As a few people were already aware, I – along with @mpilquist, @rossabaker, and @tpolecat – have been collaborating on a practical IO type for cats. We believe that the lack of a "one true and holy" IO has been a significant unfortunate factor in the cats adoption curve. Additionally, it has caused no small amount of grief for the middleware ecosystem, herein represented by the dynamic duo of Ross and Rob. With cats 1.0 fast approaching, we all felt the time was right to address this issue once and for all.

I'm quite proud of this implementation of IO, and I would take it into production, but there are some problems solved by other implementations in this space which are simply not addressed by IO. Monix in particular has a significantly more featureful Task, and even fs2's Task addresses some points (notably relating to parallelism) which are intentionally ignored by IO. This type is really just intended to hit the sweet spot of a practical effect type for the JVM and JavaScript, while providing sufficient generic machinery to enable a smooth compatibility story and instantiation of generic types where relevant (e.g. fs2.Stream[IO, A] is a real thing and actually works just as well as Stream[Task, A] does).
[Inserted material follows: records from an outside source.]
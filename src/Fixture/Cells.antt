-- ===== src/Fixture/Cells.antt =====
-- programs/fixture/src/execute/mod.rs: what `update` does to the ledger, for each change that the
-- operations make.
use redsuite.Prelude.{
  ℕ, suc, ◌+◌, ◌<◌, ◌≡◌, refl, ap, sym, subst, ◌∙◌, inl, inr, Bool, true, false, List, ◌++◌, Option,
  none, some, arith, length, take, drop, length-append, length-take, length-drop, drop-append, min,
  ℤ, pos, negsuc, Result, ok, err, ok_or, >>=-eq-ok, u64_mod, checked_add, checked_add-some, ltb,
  leb, eqb, leb→le, if◌then◌else◌, Bool-cases, ltb→lt,
}
use redsuite.Fixture.{
  Key, CellId, CellHeader, size, ProgramError, account_data_too_small, invalid_account_data,
  arithmetic_overflow, Fallible, Ledger, Codec, IsHeader, write_account, UndelegationOutcome,
}
use redsuite.Fixture.Cell.{
  payload, write, Change, update_bytes, update, set_value, add_value, fill_words, set_undelegation,
  touch, put_bytes, copy_bytes,
}
use redsuite.Fixture.Fill.{length-fill}

-- A change that succeeds keeps the identity, the revision and the length of a cell, and its value in
-- range.
abbrev pub IsKept : CellHeader → List ℕ → Fallible (CellHeader × List ℕ) → Type 0
IsKept h p (err e) = Unit
IsKept h p (ok (h', p')) =
    (h'.id ≡ h.id) × (h'.revision ≡ h.revision) × (h'.value < u64_mod) × (length p' ≡ length p)

unfoldable pub IsTame : Change → Type 0
IsTame f = (h : CellHeader) (p : List ℕ) → IsHeader h → IsKept h p (f h p)

-- What an update does to the ledger: the cell of the account at `k` goes from `before` to `after`
-- with one revision more, and nothing else changes.
pub record Updated (codec : Codec) (f : Change) (k : Key) (l l' : Ledger) : Type 0 where
  pub before : CellHeader
  pub after : CellHeader
  pub read : codec.decode (l k).bytes ≡ some before
  pub changed : f before (drop size (l k).bytes) ≡ ok (after, drop size (l' k).bytes)
  pub written : codec.decode (l' k).bytes ≡ some (record after { revision = before.revision + 1 })
  pub same_id : after.id ≡ before.id
  pub same_length : length (l' k).bytes ≡ length (l k).bytes
  pub same_owner : (l' k).owner ≡ (l k).owner
  pub same_lamports : (l' k).lamports ≡ (l k).lamports
  pub frame : (j : Key) → eqb k j ≡ false → l' j ≡ l j

leb-ok :
    {A : Type 0} (b : Bool) (a c : A) (e : ProgramError)
    → (if b then ok a else err e) ≡ ok c
    → (b ≡ true) × (a ≡ c)
leb-ok true a c e h = (refl, cc)
leb-ok false a c e h = absurd (cc)

ok-inj : {A : Type 0} (a b : A) → ◌≡◌ {A = Result ProgramError A} (ok a) (ok b) → a ≡ b
ok-inj a b e = cc

ok_or-ok : {A : Type 0} (o : Option A) (a : A) (e : ProgramError) → ok_or o e ≡ ok a → o ≡ some a
ok_or-ok none a e h = absurd (cc)
ok_or-ok (some b) a e h = cc

pub set_value-IsTame : (v : ℕ) → v < u64_mod → IsTame (set_value v)
unfolding IsTame set_value
set_value-IsTame v lt h p r = (refl, refl, lt, refl)

pub add_value-IsTame : (c : ℤ) → IsTame (add_value c)
unfolding IsTame add_value
add_value-IsTame (pos n) h p r = elim (Bool-cases (ltb (h.value + n) u64_mod)) [
  | inl fits ↦ rw fits (refl, refl, ltb→lt (h.value + n) u64_mod fits, refl)
  | inr over ↦ rw over tt
]
add_value-IsTame (negsuc n) h p r = elim (Bool-cases (leb (suc n) h.value)) [
  | inl fits ↦ let lt = r.value in rw fits (refl, refl, omega arith, refl)
  | inr over ↦ rw over tt
]

pub fill_words-IsTame : (seed step : ℕ) → IsTame (fill_words seed step)
unfolding IsTame fill_words
fill_words-IsTame seed step h p r = (refl, refl, r.value, length-fill p seed step)

pub set_undelegation-IsTame : (o : UndelegationOutcome) → IsTame (set_undelegation o)
unfolding IsTame set_undelegation
set_undelegation-IsTame o h p r = (refl, refl, r.value, refl)

pub touch-IsTame : IsTame touch
unfolding IsTame touch
touch-IsTame h p r = (refl, refl, r.value, refl)

pub put_bytes-IsTame : (bytes : List ℕ) → IsTame (put_bytes bytes)
unfolding IsTame put_bytes
put_bytes-IsTame bytes h p r = elim (Bool-cases (leb (length bytes) (length p))) [
  | inl fits ↦
      let le = leb→le (length bytes) (length p) fits in
      rw fits (
        refl,
        refl,
        r.value,
        omega (arith, length-append bytes (drop (length bytes) p), length-drop (length bytes) p),
      )
  | inr over ↦ rw over tt
]

pub copy_bytes-IsTame : (source : List ℕ) → IsTame (copy_bytes source)
unfolding IsTame copy_bytes
copy_bytes-IsTame source h p r =
    let n = min (length source) (length p) in
    (
      refl,
      refl,
      r.value,
      omega
          (arith, length-append (take n source) (drop n p), length-take n source, length-drop n p),
    )

drop-at : (n : ℕ) (xs ys : List ℕ) → length xs ≡ n → drop n (xs ++ ys) ≡ ys
drop-at n xs ys e = ap (λ m. drop m (xs ++ ys)) (sym e) ∙ drop-append xs ys

-- The steps of `update_bytes` that succeeds.
record Steps (codec : Codec) (f : Change) (d d' : List ℕ) : Type 0 where
  before : CellHeader
  after : CellHeader
  rest : List ℕ
  rest' : List ℕ
  revision : ℕ
  read : codec.decode d ≡ some before
  room : payload d ≡ ok rest
  change : f before rest ≡ ok (after, rest')
  counted : checked_add after.revision 1 ≡ some revision
  stored : write codec (record after { revision = revision }) (take size d ++ rest') ≡ ok d'

eqb_refl : (k : ℕ) → eqb k k ≡ true
eqb_refl k = ground arith

module _ (codec : Codec) where
  steps : (f : Change) (d d' : List ℕ) → update_bytes codec f d ≡ ok d' → Steps codec f d d'
  unfolding update_bytes
  steps f d d' e =
      let (before, read, e₁) = >>=-eq-ok (ok_or (codec.decode d) invalid_account_data) _ e in
      let (rest, room, e₂) = >>=-eq-ok (payload d) _ e₁ in
      let ((after, rest'), change, e₃) = >>=-eq-ok (f before rest) _ e₂ in
      let (revision, counted, stored) =
        >>=-eq-ok (ok_or (checked_add after.revision 1) arithmetic_overflow) _ e₃ in
      record {
        before = before;
        after = after;
        rest = rest;
        rest' = rest';
        revision = revision;
        read = ok_or-ok (codec.decode d) before invalid_account_data read;
        room = room;
        change = change;
        counted = ok_or-ok (checked_add after.revision 1) revision arithmetic_overflow counted;
        stored = stored;
      }

  room-drop : (d rest : List ℕ) → payload d ≡ ok rest → rest ≡ drop size d
  unfolding payload
  room-drop d rest e =
      sym (leb-ok (leb size (length d)) (drop size d) rest account_data_too_small e).1

  -- The data that a successful update leaves.
  Left : (h : CellHeader) (d d' rest' : List ℕ) → Type 0
  Left h d d' rest' = (codec.decode d' ≡ some h) × (drop size d' ≡ rest') × (length d' ≡ length d)

  left :
      (h : CellHeader) (d d' rest rest' : List ℕ)
      → IsHeader h
      → payload d ≡ ok rest
      → length rest' ≡ length rest
      → write codec h (take size d ++ rest') ≡ ok d'
      → Left h d d' rest'
  unfolding Left payload write
  left h d d' rest rest' r room same stored =
      let (fits, dropped) =
        leb-ok (leb size (length d)) (drop size d) rest account_data_too_small room in
      let le = leb→le size (length d) fits in
      let all = take size d ++ rest' in
      let head = length-take size d in
      let tail = length-drop size d in
      let joined = length-append (take size d) rest' in
      let total : length all ≡ length d = omega (arith, ap length dropped) in
      let (_, made) =
        leb-ok (leb size (length all)) (codec.encode h ++ drop size all) d' account_data_too_small
          stored in
      let enc = codec.length_encode h in
      let encoded = length-append (codec.encode h) rest' in
      let cut : drop size all ≡ rest' = drop-at size (take size d) rest' (omega arith) in
      let data' : codec.encode h ++ rest' ≡ d' = rw (sym cut) made in
      let back = codec.decode_encode h rest' r in
      rw (sym data')
        (back, drop-at size (codec.encode h) rest' enc, omega (arith, ap length dropped))

  -- The new header is in range.
  in_range :
      (before after : CellHeader) (revision : ℕ)
      → IsHeader before
      → after.id ≡ before.id
      → after.value < u64_mod
      → checked_add after.revision 1 ≡ some revision
      → IsHeader (record after { revision = revision }) × (revision ≡ after.revision + 1)
  in_range before after revision r id value counted =
      let e = ap CellId.authority id in
      let e' = ap CellId.index id in
      let ra = r.authority in
      let ri = r.index in
      let (fits, next) = checked_add-some after.revision 1 revision counted in
      (
        record { authority = rw e ra; index = rw e' ri; value = value; revision = rw next fits },
        next,
      )

  updated :
      (f : Change) (k : Key) (l : Ledger) (d' : List ℕ)
      → IsTame f
      → Steps codec f (l k).bytes d'
      → Updated codec f k l (write_account k (record (l k) { bytes = d' }) l)
  unfolding IsTame Left
  updated f k l d' tame s =
      let range = codec.decode_range (l k).bytes s.before s.read in
      let kept = subst (IsKept s.before s.rest) s.change (tame s.before s.rest range) in
      let (good, next) = in_range s.before s.after s.revision range kept.0 kept.2 s.counted in
      let done =
        left (record s.after { revision = s.revision }) (l k).bytes d' s.rest s.rest' good s.room
          kept.3 s.stored in
      let same = eqb_refl k in
      let rest : s.rest ≡ drop size (l k).bytes = room-drop (l k).bytes s.rest s.room in
      let change : f s.before (drop size (l k).bytes) ≡ ok (s.after, s.rest') =
        subst (λ p. f s.before p ≡ ok (s.after, s.rest')) rest s.change in
      record {
        before = s.before;
        after = s.after;
        read = s.read;
        changed = rw (same, done.1) change;
        written = rw (same, done.0, sym kept.1, sym next) refl;
        same_id = kept.0;
        same_length = rw same done.2;
        same_owner = rw same refl;
        same_lamports = rw same refl;
        frame = λ j e. rw e refl;
      }

  -- An update by a tame change that succeeds replaces the cell of its account by the changed one, with one
  -- revision more and the payload changed in place, and leaves every other account and the account's
  -- owner, lamports and size as they were.
  pub update-Updated :
      (f : Change) (k : Key) (l l' : Ledger)
      → IsTame f
      → update codec f k l ≡ ok l'
      → Updated codec f k l l'
  unfolding update
  update-Updated f k l l' tame e =
      let (bytes, made, stored) = >>=-eq-ok (update_bytes codec f (l k).bytes) _ e in
      subst (Updated codec f k l) (ok-inj _ _ stored)
        (updated f k l bytes tame (steps f (l k).bytes bytes made))
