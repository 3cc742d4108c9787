-- ===== src/Fixture/Effects.antt =====
-- programs/fixture/src/execute/mod.rs: the effects of a batch on the ledger.
use redsuite.Prelude.{
  ℕ, ◌+◌, ◌%◌, ◌≤◌, ◌<◌, ◌≡◌, refl, ap, sym, subst, ◌∙◌, inl, inr, Bool, true, false, List, [], ◌∷◌,
  ◌++◌, some, arith, length, ℤ, le_bytes, ok, ok_or, get_elem?, ◌>>=◌, >>=-eq-ok, >>=-ap, >>=-assoc,
  u64_mod, eqb, eqb_iff, if◌then◌else◌, Bool-cases, All,
}
use redsuite.Fixture.{
  Key, CellHeader, not_enough_account_keys, Fallible, Account, Ledger, Info, Codec,
}
use redsuite.Fixture.Cell.{
  put_bytes, add_value, fill_words, set_undelegation, chain, fold, Change, payload, update, touch,
  copy_bytes, set_value, adjust,
}
use redsuite.Fixture.Cells.{
  IsTame, Updated, update-Updated, set_value-IsTame, add_value-IsTame, fill_words-IsTame,
  set_undelegation-IsTame, touch-IsTame, put_bytes-IsTame, copy_bytes-IsTame,
}
use redsuite.Fixture.Syntax.{
  Operation, set, add, fill, hash, fold_hashes, copy, sum_sizes, inspect, fill_bytes, undelegation,
  invoke, settle, transfer_from_escrow, log, fail, resize_bytes, Runtime,
}
use redsuite.Fixture.Execute.{
  info, each, collect, first_hash, sum_lengths, copy_from, write_payload, apply, run,
}

-- An account keeps its owner, its lamports and its size, and a cell its identity, with a revision
-- that does not go down.
pub record KeptAccount (codec : Codec) (a b : Account) : Type 0 where
  pub owner : b.owner ≡ a.owner
  pub lamports : b.lamports ≡ a.lamports
  pub space : length b.bytes ≡ length a.bytes
  pub cell :
      (h : CellHeader)
      → codec.decode a.bytes ≡ some h
      → (h' : CellHeader) × (codec.decode b.bytes ≡ some h')
        × (h'.id ≡ h.id)
        × (h.revision ≤ h'.revision)

unfoldable pub Kept : Codec → Ledger → Ledger → Type 0
Kept codec l l' = (j : Key) → KeptAccount codec (l j) (l' j)

-- The operations that write cells only, with a value that is a `u64`.
unfoldable pub IsCellWrite : Operation → Type 0
IsCellWrite (set cells value) = value < u64_mod
IsCellWrite (fill_bytes account byte) = ⊥
IsCellWrite (invoke program accounts bytes signers) = ⊥
IsCellWrite (settle s) = ⊥
IsCellWrite (transfer_from_escrow destination system amount) = ⊥
IsCellWrite (resize_bytes account len byte) = ⊥
IsCellWrite _ = Unit

module _ (codec : Codec) where
  KeptAccount-refl : (a : Account) → KeptAccount codec a a
  KeptAccount-refl a = record {
    owner = refl;
    lamports = refl;
    space = refl;
    cell = λ h e. (h, e, refl, omega arith);
  }

  Kept-refl : (l : Ledger) → Kept codec l l
  unfolding Kept
  Kept-refl l j = KeptAccount-refl (l j)

  Kept-trans : (l m n : Ledger) → Kept codec l m → Kept codec m n → Kept codec l n
  unfolding Kept
  Kept-trans l m n p q j =
      let a = p j in
      let b = q j in
      record {
        owner = b.owner ∙ a.owner;
        lamports = b.lamports ∙ a.lamports;
        space = b.space ∙ a.space;
        cell = λ h e.
            let (h₁, e₁, i₁, r₁) = a.cell h e in
            let (h₂, e₂, i₂, r₂) = b.cell h₁ e₁ in (h₂, e₂, i₂ ∙ i₁, omega arith);
      }

  some-inj : {A : Type 0} (a b : A) → some a ≡ some b → a ≡ b
  some-inj a b e = cc

  Updated-Kept : (f : Change) (k : Key) (l l' : Ledger) → Updated codec f k l l' → Kept codec l l'
  unfolding Kept
  Updated-Kept f k l l' u j = elim (Bool-cases (eqb k j)) [
    | inl hit ↦
        subst (λ i. KeptAccount codec (l i) (l' i)) ((eqb_iff k j).0 hit)
          (record {
            owner = u.same_owner;
            lamports = u.same_lamports;
            space = u.same_length;
            cell = λ h e.
                let same = some-inj u.before h (sym u.read ∙ e) in
                let rev = ap CellHeader.revision same in
                (
                  record u.after { revision = u.before.revision + 1 },
                  u.written,
                  u.same_id ∙ ap CellHeader.id same,
                  omega arith,
                );
          })
    | inr miss ↦ subst (KeptAccount codec (l j)) (sym (u.frame j miss)) (KeptAccount-refl (l j))
  ]

  -- A step that keeps the ledger when it succeeds.
  abbrev Keeps : (Ledger → Fallible Ledger) → Type 0
  Keeps step = (l l' : Ledger) → step l ≡ ok l' → Kept codec l l'

  update-Keeps : (f : Change) (k : Key) → IsTame f → Keeps (update codec f k)
  update-Keeps f k tame l l' e = Updated-Kept f k l l' (update-Updated codec f k l l' tame e)

  ok-inj : (l l' : Ledger) → ◌≡◌ {A = Fallible Ledger} (ok l) (ok l') → l ≡ l'
  ok-inj l l' e = cc

  Kept-ok : (l l' : Ledger) → ◌≡◌ {A = Fallible Ledger} (ok l) (ok l') → Kept codec l l'
  Kept-ok l l' e = subst (Kept codec l) (ok-inj l l' e) (Kept-refl l)

  each-Keeps :
      (accounts : List Info) (cells : List ℕ) (f : Key → Ledger → Fallible Ledger)
      → ((k : Key) → Keeps (f k))
      → Keeps (each accounts cells f)
  unfolding each
  each-Keeps accounts [] f keeps l l' e = Kept-ok l l' e
  each-Keeps accounts (i ∷ is) f keeps l l' e =
      let (account, _, e₁) = >>=-eq-ok (info accounts i) _ e in
      let (m, first, e₂) = >>=-eq-ok (f account.key l) _ e₁ in
      Kept-trans l m l' (keeps account.key l m first) (each-Keeps accounts is f keeps m l' e₂)

  put-Keeps : (bytes : List ℕ) (k : Key) → Keeps (write_payload codec bytes k)
  unfolding write_payload
  put-Keeps bytes k = update-Keeps (put_bytes bytes) k (put_bytes-IsTame bytes)

  adjust-Keeps : (c : ℤ) (k : Key) → Keeps (adjust codec c k)
  unfolding adjust
  adjust-Keeps c k = update-Keeps (add_value c) k (add_value-IsTame c)

  -- One destination of a copy.
  copy-Keeps :
      (same : Bool) (source target : Key) (l l' : Ledger)
      → (if same
          then update codec touch target l
          else do bytes ← payload (l source).bytes; update codec (copy_bytes bytes) target l)
        ≡ ok l'
      → Kept codec l l'
  copy-Keeps true source target l l' e = update-Keeps touch target touch-IsTame l l' e
  copy-Keeps false source target l l' e =
      let (bytes, _, e₁) = >>=-eq-ok (payload (l source).bytes) _ e in
      update-Keeps (copy_bytes bytes) target (copy_bytes-IsTame bytes) l l' e₁

module _ (codec : Codec) (rt : Runtime) where
  copy_from-Keeps :
      (accounts : List Info) (sources : List ℕ) (position : ℕ) (destinations : List ℕ)
      → Keeps codec (copy_from codec accounts sources position destinations)
  unfolding copy_from
  copy_from-Keeps accounts sources position [] l l' e = Kept-ok codec l l' e
  copy_from-Keeps accounts sources position (d ∷ ds) l l' e =
      let (at, _, e₁) =
        >>=-eq-ok (ok_or (get_elem? sources (position % length sources)) not_enough_account_keys) _
          e in
      let (source, _, e₂) = >>=-eq-ok (info accounts at) _ e₁ in
      let (target, _, e₃) = >>=-eq-ok (info accounts d) _ e₂ in
      let (m, first, e₄) =
        >>=-eq-ok (if eqb source.key target.key then update codec touch target.key l else _) _ e₃ in
      Kept-trans codec l m l'
        (copy-Keeps codec (eqb source.key target.key) source.key target.key l m first)
        (copy_from-Keeps accounts sources (position + 1) ds m l' e₄)

  apply-Keeps :
      (program : Key) (accounts : List Info) (o : Operation)
      → IsCellWrite o
      → Keeps codec (apply codec rt program accounts o)
  unfolding apply IsCellWrite
  apply-Keeps program accounts (set cells v) w l l' e =
      each-Keeps codec accounts cells (update codec (set_value v))
        (λ k. update-Keeps codec (set_value v) k (set_value-IsTame v w)) l l' e
  apply-Keeps program accounts (add cells c) w l l' e =
      each-Keeps codec accounts cells (adjust codec c) (adjust-Keeps codec c) l l' e
  apply-Keeps program accounts (fill cells seed step) w l l' e =
      each-Keeps codec accounts cells (update codec (fill_words seed step))
        (λ k. update-Keeps codec (fill_words seed step) k (fill_words-IsTame seed step)) l l' e
  apply-Keeps program accounts (hash cells initial rounds) w l l' e =
      each-Keeps codec accounts cells _ (put-Keeps codec (chain codec initial rounds)) l l' e
  apply-Keeps program accounts (fold_hashes cells salt rounds) w l l' e =
      let (hashes, _, e₁) = >>=-eq-ok (collect (first_hash accounts l) cells) _ e in
      each-Keeps codec accounts cells _ (put-Keeps codec (fold codec salt hashes rounds)) l l' e₁
  apply-Keeps program accounts (copy [] ds) w l l' e = absurd (cc)
  apply-Keeps program accounts (copy (s ∷ ss) ds) w l l' e =
      copy_from-Keeps accounts (s ∷ ss) 0 ds l l' e
  apply-Keeps program accounts (sum_sizes output inputs) w l l' e =
      let (total, _, e₁) = >>=-eq-ok (sum_lengths accounts inputs l) _ e in
      let (target, _, e₂) = >>=-eq-ok (info accounts output) _ e₁ in
      put-Keeps codec (le_bytes 8 total) target.key l l' e₂
  apply-Keeps program accounts (inspect is hashed) w l l' e =
      each-Keeps codec accounts is _ (λ k l l' e. Kept-ok codec l l' e) l l' e
  apply-Keeps program accounts (undelegation cells outcome) w l l' e =
      each-Keeps codec accounts cells (update codec (set_undelegation outcome))
        (λ k. update-Keeps codec (set_undelegation outcome) k (set_undelegation-IsTame outcome)) l
        l' e
  apply-Keeps program accounts log w l l' e = Kept-ok codec l l' e
  apply-Keeps program accounts (fail code) w l l' e = absurd (cc)
  apply-Keeps program accounts (fill_bytes _ _) w l l' e = elim w [ ]
  apply-Keeps program accounts (invoke _ _ _ _) w l l' e = elim w [ ]
  apply-Keeps program accounts (settle _) w l l' e = elim w [ ]
  apply-Keeps program accounts (transfer_from_escrow _ _ _) w l l' e = elim w [ ]
  apply-Keeps program accounts (resize_bytes _ _ _) w l l' e = elim w [ ]

  -- A batch of operations that are all cell writes, when it succeeds, keeps every account's owner, lamports and size and every
  -- cell's identity, and no revision goes down.
  pub run-Kept :
      (program : Key) (accounts : List Info) (os : List Operation) (l l' : Ledger)
      → All IsCellWrite os
      → run codec rt program accounts os l ≡ ok l'
      → Kept codec l l'
  unfolding run
  run-Kept program accounts [] l l' w e = Kept-ok codec l l' e
  run-Kept program accounts (o ∷ os) l l' w e =
      let (m, first, e₁) = >>=-eq-ok (apply codec rt program accounts o l) _ e in
      Kept-trans codec l m l' (apply-Keeps program accounts o w.0 l m first)
        (run-Kept program accounts os m l' w.1 e₁)

  -- A batch is its parts run one after the other: the first failure of either is the batch's.
  pub run-append :
      (program : Key) (accounts : List Info) (os ps : List Operation) (l : Ledger)
      → run codec rt program accounts (os ++ ps) l
        ≡ (run codec rt program accounts os l >>= run codec rt program accounts ps)
  unfolding run
  run-append program accounts [] ps l = refl
  run-append program accounts (o ∷ os) ps l =
      let first = apply codec rt program accounts o l in
      let second = run codec rt program accounts ps in
      >>=-ap first _ _ (run-append program accounts os ps)
      ∙ sym (>>=-assoc first (run codec rt program accounts os) second)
To that end, IO supports lazy, nonmemoized suspension of both synchronous and asynchronous effects (similar to scalaz's, and really everyone's, Task). It supports running those effects as side-effects using various unsafe functions. It provides functions for converting to and from Scala's Future (unsafely, since Future both memoizes and runs eagerly). And it provides a hierarchy of typeclasses for characterizing generic effects and effect stacks (a feature aimed squarely at those for whom 🤘 is pronounced "M-T-L"), as well as a very thorough set of associated laws.

Why the Proposal?

A valid response to this issue would be, "Why is this an issue on cats?" Good question, hypothetical reader. The reason I'm filing this as an issue is to solicit feedback from the cats contributors. You'll notice that the fully-qualified name of this type is cats.effect.IO, and I have somewhat-speculatively set the maven groupId to org.typelevel. I wouldn't do something like that without asking for permission first. So… I'm asking permission!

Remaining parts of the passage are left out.